"Kalau putusan anak-anak, saya detail membacanya. Saya memutuskan dengan ikhlas dan hati nurani. Saya tidak kepingin cari popularitas. Hanya ikhlas dan keadilan," kata Jurnalis saat berbincang dengan detikcom, Selasa (22/4/2014).
Tuduhan pemerkosaan itu terjadi pada 2 Agustus 2013 di sebuah desa di Cianjur, Jawa Barat. Dalam rapat RW pada 10 November 2013, Ohim menyiksa kelima anak-anak itu. Pemukulan itu dilakukan di depan orang tua anak-anak. Anehnya, Pengadilan Negeri (PN) Cianjur menghukum 2 tahun kelima anak-anak itu sebelum dibebaskan oleh Jurnalis.
"Saya biasa saja memutus seperti itu.

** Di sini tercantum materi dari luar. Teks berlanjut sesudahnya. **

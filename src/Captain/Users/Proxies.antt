-- ===== src/Captain/Users/Proxies.antt =====
-- GenerateProxyString of captain/internal/server/service/user_service.go and of user_handler.go.
use subnetwork_system_torchl.Prelude.{
  ℕ, ◌||◌, zero, suc, ◌+◌, Bool, true, false, List, [], ◌∷◌, ◌++◌, Option, none, some,
  if◌then◌else◌, ℤ, pos, leb_ℤ, negsuc,
}
use subnetwork_system_torchl.Text.{Str, codes, str_eq, itoa}
use subnetwork_system_torchl.Manager.Models.{Uuid}
use subnetwork_system_torchl.Tags.{generate_proxy_string}
use subnetwork_system_torchl.Captain.Replies.{
  Answer, rows, no_rows, broken, Ret, done, failed, Response, error, aborted, ok_200, internal_500,
  respond,
}

-- The pointers of a decoded body; none is nil.
pub record ProxyRequest : Type 0 where
  pub user_id : Option Uuid
  pub amount : Option ℤ
  pub format : Option Str
  pub pool_group : Option Str
  pub proxy_type : Option Str
  pub country_code : Option Str
  pub state : Option Str
  pub city : Option Str
  pub is_sticky : Option Bool
  pub session_duration : Option ℤ

-- What the query finds: the user's credentials and the address of the pool.
pub record ProxyRow : Type 0 where
  pub username : Str
  pub password : Str
  pub subdomain : Str
  pub port : ℤ

-- The request with its pointers dereferenced; a nil city or state is empty.
pub record ProxyArgs : Type 0 where
  pub user_id : Uuid
  pub amount : ℤ
  pub format : Str
  pub pool_group : Str
  pub proxy_type : Str
  pub country_code : Str
  pub state : Str
  pub city : Str
  pub is_sticky : Bool
  pub session_duration : Option ℤ

abbrev pub host_of : ProxyRow → Str
host_of r = r.subdomain ++ codes ".trytorchlabs.com"

-- The switch over *req.Format; another format adds nothing.
unfoldable pub format_proxy : Str → ProxyRow → Str → List Str
format_proxy format r config =
    if str_eq format (codes "ip:port:user:pass")
    then (host_of r ++ b':' ∷ (itoa r.port ++ b':' ∷ (r.username ++ b':' ∷ (r.password ++ config))))
      ∷ []
    else if str_eq format (codes "user:pass:ip:port")
    then (r.username ++ b':' ∷ ((r.password ++ config) ++ b':' ∷ (host_of r ++ b':' ∷ itoa r.port)))
      ∷ []
    else if str_eq format (codes "user:pass@ip:port")
    then (r.username ++ b':' ∷ ((r.password ++ config) ++ b'@' ∷ (host_of r ++ b':' ∷ itoa r.port)))
      ∷ []
    else []

-- The tags of the string with number `i`; `sessions` are the random texts.
unfoldable pub config_of : (ℕ → Str) → ProxyArgs → ℕ → Str
config_of sessions a i =
    generate_proxy_string a.pool_group a.country_code a.is_sticky a.city a.state a.session_duration
      (sessions i)

-- The rounds of the loop that are left, from number `i` on.
unfoldable pub proxies : (ℕ → Str) → ProxyArgs → ProxyRow → ℕ → ℕ → List Str
unfolding format_proxy config_of
proxies sessions a r i zero = []
proxies sessions a r i (suc left) =
    format_proxy a.format r (config_of sessions a i) ++ proxies sessions a r (i + 1) left

abbrev pub rounds : ℤ → ℕ
rounds (pos n) = n
rounds (negsuc n) = 0

unfoldable pub strings : (ℕ → Str) → ProxyArgs → Answer ProxyRow → Ret (List Str)
unfolding proxies
strings sessions a (rows r) = done (proxies sessions a r 0 (rounds a.amount)) ok_200 []
strings sessions a no_rows = failed internal_500 (codes "server error")
strings sessions a broken = failed internal_500 (codes "server error")

-- The service, on the dereferenced request; the query gets the country, the tag and the user.
unfoldable pub generate_strings :
    (Str → Str → Uuid → Answer ProxyRow) → (ℕ → Str) → ProxyArgs → Ret (List Str)
unfolding strings
generate_strings query sessions a =
    strings sessions a
      (query a.country_code (a.pool_group ++ (a.proxy_type ++ codes "%")) a.user_id)

-- The first check that a body fails, in the handler's order; the duration is tested of a sticky
-- request only.
sticky_bad : Option Bool → Option ℤ → Bool
sticky_bad (some true) (some d) = leb_ℤ d (pos 0)
sticky_bad _ _ = false

abbrev pub lacks : Option Str → Bool
lacks none = true
lacks (some s) = str_eq s []

abbrev pub missing {ℓ} : {A : Type ℓ} → Option A → Bool
missing none = true
missing (some a) = false

unfoldable pub generate_check : ProxyRequest → Bool
unfolding sticky_bad
generate_check req =
    missing req.user_id
    || (missing req.amount
        || (missing req.is_sticky
            || (sticky_bad req.is_sticky req.session_duration
                || (lacks req.country_code
                    || (lacks req.pool_group || (missing req.proxy_type || lacks req.format))))))

abbrev pub text_in : Option Str → Str
text_in none = []
text_in (some s) = s

-- The dereferences of the service; none is a nil pointer.
unfoldable pub dereferenced :
    ProxyRequest
    → Option Uuid
    → Option ℤ
    → Option Bool
    → Option Str
    → Option Str
    → Option Str
    → Option Str
    → Option ProxyArgs
dereferenced req (some user_id) (some amount) (some sticky) (some country) (some group) (some type)
      (some format) =
    some (record {
      user_id = user_id;
      amount = amount;
      format = format;
      pool_group = group;
      proxy_type = type;
      country_code = country;
      state = text_in req.state;
      city = text_in req.city;
      is_sticky = sticky;
      session_duration = req.session_duration;
    })
dereferenced req _ _ _ _ _ _ _ = none

unfoldable pub args_of : ProxyRequest → Option ProxyArgs
unfolding dereferenced
args_of req =
    dereferenced req req.user_id req.amount req.is_sticky req.country_code req.pool_group
      req.proxy_type req.format

module _ (query : Str → Str → Uuid → Answer ProxyRow) (sessions : ℕ → Str) where
  unfoldable pub generated : Option ProxyArgs → Response (List Str)
  generated none = aborted
  generated (some a) = respond ok_200 (generate_strings query sessions a)

  -- GenerateproxyString of the handler; all its refusals say "server error" with 500.
  unfoldable pub generate_handler : Option ProxyRequest → Response (List Str)
  unfolding generated
  generate_handler none = error internal_500 (codes "server error")
  generate_handler (some req) =
      if generate_check req
      then error internal_500 (codes "server error")
      else generated (args_of req)
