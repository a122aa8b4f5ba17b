-- ===== src/Captain/Users.antt =====
-- captain/internal/server/service/user_service.go and captain/internal/server/handlers/user_handler.go.
mod Defs
mod Proxies
unfoldable pub use Defs.*
unfoldable pub use Proxies.*
pub mod Generating
mod Handlers
pub mod Creating
pub mod Notices
unfoldable pub use Handlers.*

Kok yang ini jadi heboh?" ujar Jurnalis yang telah malang melintang selama 47 tahun di dunia peradilan Indonesia.
Dalam memutus perkara yang ditanganinya, Jurnalis memeriksa dengan penuh keikhlasan dan penuh ketelitian. Dalam memutus perkara anak, seorang hakim harus bisa melihat berbagai pandangan masyarakat terhadap kasus itu.
"Bagaimana anak itu di masyarakat, di mana dia dilahirkan. Setiap perkara anak begitu dituntut kejelian," kisah hakim yang dilahirkan pada 1948 silam itu.
Dirinya sangat prihatin dengan kelima anak yang telah merasakan dinginnya sel tahanan. Sebab hal itu bisa mempengaruhi psikologi anak ke depan.
"Dipenjara, anak kecil kan bisa terganggu mentalnya. Mereka bisa trauma," ucap ibu satu anak dengan 2 cucu itu.
Di penghujung masa pensiunnya, Jurnalis berharap teman-teman hakim di seluruh Indonesia bisa terus memberikan keadilan bagi masyarakat. Dia berharap kasus lima anak yang ditanganinya itu bisa menjadi contoh bagiaman hakim harus hati-hati dan teliti dalam memutus.
"Mudah-mudahan rekan-rekan saya mengikuti yang terbaik dan memutus dengan hati nurani," pungkas Jurnalis.